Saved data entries
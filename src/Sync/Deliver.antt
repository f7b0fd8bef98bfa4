-- ===== src/Sync/Deliver.antt =====
-- sync, delivery_cursor and _validate_ack (collector/sync.py), over any transport: `send` is
-- transport.send, from the transport's state to its answer and its next state.
pub mod Memory
pub mod Split
pub mod Safety
pub mod Frame
pub mod Reliable
use hermes_flight_recorder.Base.{
  ltb, leb, eqb, if◌then◌else◌, ltb→lt, lt→ltb, le→ltb, leb→le, Bool-cases, Option-cases, length,
  take, drop, concat, All, any, keep, length-append, take-append-drop, length-take-le, All-append,
  All-left, All-right, All-map, ℤ, pos, negsuc, pos_part, neg_part, ◌+ℤ◌, ◌-ℤ◌, ◌≤ℤ◌, ◌<ℤ◌, le_int,
  lt_int, eq_int, max_int, eq_of_parts, <ℤ_trans, str_nat, int_nat, int_nat-str_nat, str_int,
  int_text, int_text-str_int, ℕ, zero, suc, ◌+◌, ◌-◌, ◌*◌, ◌/◌, ◌%◌, ◌^◌, ◌≤◌, ◌<◌, compare,
  Ordering, min, max, Char, code, String, ◌≡◌, refl, sym, ap, ◌∙◌, subst, fun_ext, ◌≢◌, ◌↔◌, ◌⊎◌,
  inl, inr, Bool, true, false, ◌&&◌, ◌||◌, not, Option, none, some, List, [], ◌∷◌, ◌++◌, map,
  append-nil, append_assoc, arith, ◌==◌, eq_iff, eq_refl,
}
use hermes_flight_recorder.Value.{Fields, find, as_integer}
use hermes_flight_recorder.Result.{
  Result, ok, err, ◌>>=◌, ◌>>◌, require, or_raise, key_error, sync_error, value_error,
}
use hermes_flight_recorder.Outbox.State.{Outbox, get_cursor, set_cursor, iter_events}
use hermes_flight_recorder.Sync.Batches.{Batch, Limits, Yields, build_batches}

pub record Ack : Type 0 where
  pub accepted : ℤ
  pub duplicates : ℤ
  pub high_water : ℤ

pub record SyncResult : Type 0 where
  pub batches_sent : ℕ
  pub records_sent : ℕ
  pub delivery_cursor : ℤ
  pub producer_high_water : ℕ

-- SyncResult.pending
pub pending_of : SyncResult → ℤ
pending_of r = max_int (pos 0) (pos r.producer_high_water -ℤ r.delivery_cursor)

abbrev pub delivery_cursor_name : String
delivery_cursor_name = "delivery"

-- int(text or 0)
abbrev pub int_or_zero : Option String → Result ℤ
int_or_zero none = ok (pos 0)
int_or_zero (some s) = if s == "" then ok (pos 0) else or_raise value_error (int_text s)

unfoldable pub delivery_cursor : Outbox → Result ℤ
unfolding get_cursor
delivery_cursor o = int_or_zero (get_cursor delivery_cursor_name o)

-- records[-1]
abbrev pub last? : List Fields → Option Fields
last? [] = none
last? (r ∷ []) = some r
last? (r ∷ q ∷ rs) = last? (q ∷ rs)

unfoldable pub last_sequence : List Fields → Result ℤ
unfolding find
last_sequence records = do
  r ← or_raise key_error (last? records)
  or_raise key_error (as_integer (find "producer_sequence" r))

unfoldable pub validate_ack : Ack → Batch → Result (Unit {0})
unfolding last_sequence
validate_ack ack batch = do
  require (le_int (pos 0) ack.accepted && le_int (pos 0) ack.duplicates) sync_error
  require (eq_int (ack.accepted +ℤ ack.duplicates) (pos (length batch.records))) sync_error
  batch_high_water ← last_sequence batch.records
  require (le_int batch_high_water ack.high_water) sync_error

-- itertools.islice(batches, max_batches): the generator is not asked for more.
abbrev pub slice : Option ℕ → Yields → Yields
slice none y = y
slice (some n) (batches, outcome) =
    (take n batches, if leb n (length batches) then ok tt else outcome)

-- The batches of one pass: the events above the cursor, as far as max_batches lets the generator run.
pub pass_batches : Limits → Option ℕ → ℤ → Outbox → Yields
pass_batches l max_batches cursor o = slice max_batches (build_batches l (iter_events cursor o))

abbrev pub at_least_one : Option ℕ → Bool
at_least_one none = true
at_least_one (some n) = leb 1 n

-- The variables of the delivery loop.
pub record Delivery (T : Type 0) : Type 0 where
  pub outbox : Outbox
  pub transport : T
  pub cursor : ℤ
  pub batches_sent : ℕ
  pub records_sent : ℕ

module _ {T : Type 0} where
  pub begin : ℤ → Outbox → T → Delivery T
  begin cursor o t = record {
    outbox = o;
    transport = t;
    cursor = cursor;
    batches_sent = 0;
    records_sent = 0;
  }

  abbrev pub result_of : ℕ → Delivery T → SyncResult
  result_of high_water d = record {
    batches_sent = d.batches_sent;
    records_sent = d.records_sent;
    delivery_cursor = d.cursor;
    producer_high_water = high_water;
  }

  -- The loop's body after the transport's answer.
  pub confirm : Batch → Ack → Delivery T → Result (Delivery T)
  confirm batch ack d = do
    validate_ack ack batch
    batch_cursor ← last_sequence batch.records
    ok (record d {
      outbox = set_cursor delivery_cursor_name batch_cursor d.outbox;
      cursor = batch_cursor;
      batches_sent = d.batches_sent + 1;
      records_sent = d.records_sent + length batch.records;
    })

module _ {T : Type 0} (send : Batch → T → Result Ack × T) where
  pub deliver : List Batch → Delivery T → Result (Unit {0}) × Delivery T
  deliver [] d = (ok tt, d)
  deliver (batch ∷ rest) d =
      let (answer, t) = send batch d.transport in
      elim (answer >>= λ ack. confirm batch ack (record d { transport = t })) [
        | err e ↦ (err e, record d { transport = t })
        | ok d' ↦ deliver rest d'
      ]

  -- sync from a start cursor: the loop's error comes first, then the generator's.
  pub sync_from : Limits → Option ℕ → ℤ → Outbox → T → Result SyncResult × Delivery T
  sync_from l max_batches cursor o t =
      let (batches, outcome) = pass_batches l max_batches cursor o in
      let (sent, d) = deliver batches (begin cursor o t) in
      (do sent; outcome; ok (result_of o.high_water d), d)

  -- sync(outbox, transport, max_records=..., max_bytes=..., max_batches=...), which returns or
  -- raises, and leaves an outbox and a transport in either case.
  unfoldable pub sync : Limits → Option ℕ → Outbox → T → Result SyncResult × Outbox × T
  unfolding sync_from deliver confirm pass_batches begin
  sync l max_batches o t =
      elim (require (at_least_one max_batches) value_error >> delivery_cursor o) [
        | err e ↦ (err e, o, t)
        | ok cursor ↦ let (r, d) = sync_from l max_batches cursor o t in (r, d.outbox, d.transport)
      ]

◆ Your goal ◆
Nothing in the entries above should differ when you return them in full.

◆ Solution ◆
filename src/Sync/Deliver.antt
repository f7b0fd8bef98bfa4
-- ===== src/Sync/Deliver.antt =====
-- sync, delivery_cursor and _validate_ack (collector/sync.py), over any transport: `send` is
-- transport.send, from the transport's state to its answer and its next state.
pub mod Memory
pub mod Split
pub mod Safety
pub mod Frame
pub mod Reliable
use hermes_flight_recorder.Base.{
  ltb, leb, eqb, if◌then◌else◌, ltb→lt, lt→ltb, le→ltb, leb→le, Bool-cases, Option-cases, length,
  take, drop, concat, All, any, keep, length-append, take-append-drop, length-take-le, All-append,
  All-left, All-right, All-map, ℤ, pos, negsuc, pos_part, neg_part, ◌+ℤ◌, ◌-ℤ◌, ◌≤ℤ◌, ◌<ℤ◌, le_int,
  lt_int, eq_int, max_int, eq_of_parts, <ℤ_trans, str_nat, int_nat, int_nat-str_nat, str_int,
  int_text, int_text-str_int, ℕ, zero, suc, ◌+◌, ◌-◌, ◌*◌, ◌/◌, ◌%◌, ◌^◌, ◌≤◌, ◌<◌, compare,
  Ordering, min, max, Char, code, String, ◌≡◌, refl, sym, ap, ◌∙◌, subst, fun_ext, ◌≢◌, ◌↔◌, ◌⊎◌,
  inl, inr, Bool, true, false, ◌&&◌, ◌||◌, not, Option, none, some, List, [], ◌∷◌, ◌++◌, map,
  append-nil, append_assoc, arith, ◌==◌, eq_iff, eq_refl,
}
use hermes_flight_recorder.Value.{Fields, find, as_integer}
use hermes_flight_recorder.Result.{
  Result, ok, err, ◌>>=◌, ◌>>◌, require, or_raise, key_error, sync_error, value_error,
}
use hermes_flight_recorder.Outbox.State.{Outbox, get_cursor, set_cursor, iter_events}
use hermes_flight_recorder.Sync.Batches.{Batch, Limits, Yields, build_batches}

pub record Ack : Type 0 where
  pub accepted : ℤ
  pub duplicates : ℤ
  pub high_water : ℤ

pub record SyncResult : Type 0 where
  pub batches_sent : ℕ
  pub records_sent : ℕ
  pub delivery_cursor : ℤ
  pub producer_high_water : ℕ

-- SyncResult.pending
pub pending_of : SyncResult → ℤ
pending_of r = max_int (pos 0) (pos r.producer_high_water -ℤ r.delivery_cursor)

abbrev pub delivery_cursor_name : String
delivery_cursor_name = "delivery"

-- int(text or 0)
abbrev pub int_or_zero : Option String → Result ℤ
int_or_zero none = ok (pos 0)
int_or_zero (some s) = if s == "" then ok (pos 0) else or_raise value_error (int_text s)

unfoldable pub delivery_cursor : Outbox → Result ℤ
unfolding get_cursor
delivery_cursor o = int_or_zero (get_cursor delivery_cursor_name o)

-- records[-1]
abbrev pub last? : List Fields → Option Fields
last? [] = none
last? (r ∷ []) = some r
last? (r ∷ q ∷ rs) = last? (q ∷ rs)

unfoldable pub last_sequence : List Fields → Result ℤ
unfolding find
last_sequence records = do
  r ← or_raise key_error (last? records)
  or_raise key_error (as_integer (find "producer_sequence" r))

unfoldable pub validate_ack : Ack → Batch → Result (Unit {0})
unfolding last_sequence
validate_ack ack batch = do
  require (le_int (pos 0) ack.accepted && le_int (pos 0) ack.duplicates) sync_error
  require (eq_int (ack.accepted +ℤ ack.duplicates) (pos (length batch.records))) sync_error
  batch_high_water ← last_sequence batch.records
  require (le_int batch_high_water ack.high_water) sync_error

-- itertools.islice(batches, max_batches): the generator is not asked for more.
abbrev pub slice : Option ℕ → Yields → Yields
slice none y = y
slice (some n) (batches, outcome) =
    (take n batches, if leb n (length batches) then ok tt else outcome)

-- The batches of one pass: the events above the cursor, as far as max_batches lets the generator run.
pub pass_batches : Limits → Option ℕ → ℤ → Outbox → Yields
pass_batches l max_batches cursor o = slice max_batches (build_batches l (iter_events cursor o))

abbrev pub at_least_one : Option ℕ → Bool
at_least_one none = true
at_least_one (some n) = leb 1 n

-- The variables of the delivery loop.
pub record Delivery (T : Type 0) : Type 0 where
  pub outbox : Outbox
  pub transport : T
  pub cursor : ℤ
  pub batches_sent : ℕ
  pub records_sent : ℕ

module _ {T : Type 0} where
  pub begin : ℤ → Outbox → T → Delivery T
  begin cursor o t = record {
    outbox = o;
    transport = t;
    cursor = cursor;
    batches_sent = 0;
    records_sent = 0;
  }

  abbrev pub result_of : ℕ → Delivery T → SyncResult
  result_of high_water d = record {
    batches_sent = d.batches_sent;
    records_sent = d.records_sent;
    delivery_cursor = d.cursor;
    producer_high_water = high_water;
  }

  -- The loop's body after the transport's answer.
  pub confirm : Batch → Ack → Delivery T → Result (Delivery T)
  confirm batch ack d = do
    validate_ack ack batch
    batch_cursor ← last_sequence batch.records
    ok (record d {
      outbox = set_cursor delivery_cursor_name batch_cursor d.outbox;
      cursor = batch_cursor;
      batches_sent = d.batches_sent + 1;
      records_sent = d.records_sent + length batch.records;
    })

module _ {T : Type 0} (send : Batch → T → Result Ack × T) where
  pub deliver : List Batch → Delivery T → Result (Unit {0}) × Delivery T
  deliver [] d = (ok tt, d)
  deliver (batch ∷ rest) d =
      let (answer, t) = send batch d.transport in
      elim (answer >>= λ ack. confirm batch ack (record d { transport = t })) [
        | err e ↦ (err e, record d { transport = t })
        | ok d' ↦ deliver rest d'
      ]

  -- sync from a start cursor: the loop's error comes first, then the generator's.
  pub sync_from : Limits → Option ℕ → ℤ → Outbox → T → Result SyncResult × Delivery T
  sync_from l max_batches cursor o t =
      let (batches, outcome) = pass_batches l max_batches cursor o in
      let (sent, d) = deliver batches (begin cursor o t) in
      (do sent; outcome; ok (result_of o.high_water d), d)

  -- sync(outbox, transport, max_records=..., max_bytes=..., max_batches=...), which returns or
  -- raises, and leaves an outbox and a transport in either case.
  unfoldable pub sync : Limits → Option ℕ → Outbox → T → Result SyncResult × Outbox × T
  unfolding sync_from deliver confirm pass_batches begin
  sync l max_batches o t =
      elim (require (at_least_one max_batches) value_error >> delivery_cursor o) [
        | err e ↦ (err e, o, t)
        | ok cursor ↦ let (r, d) = sync_from l max_batches cursor o t in (r, d.outbox, d.transport)
      ]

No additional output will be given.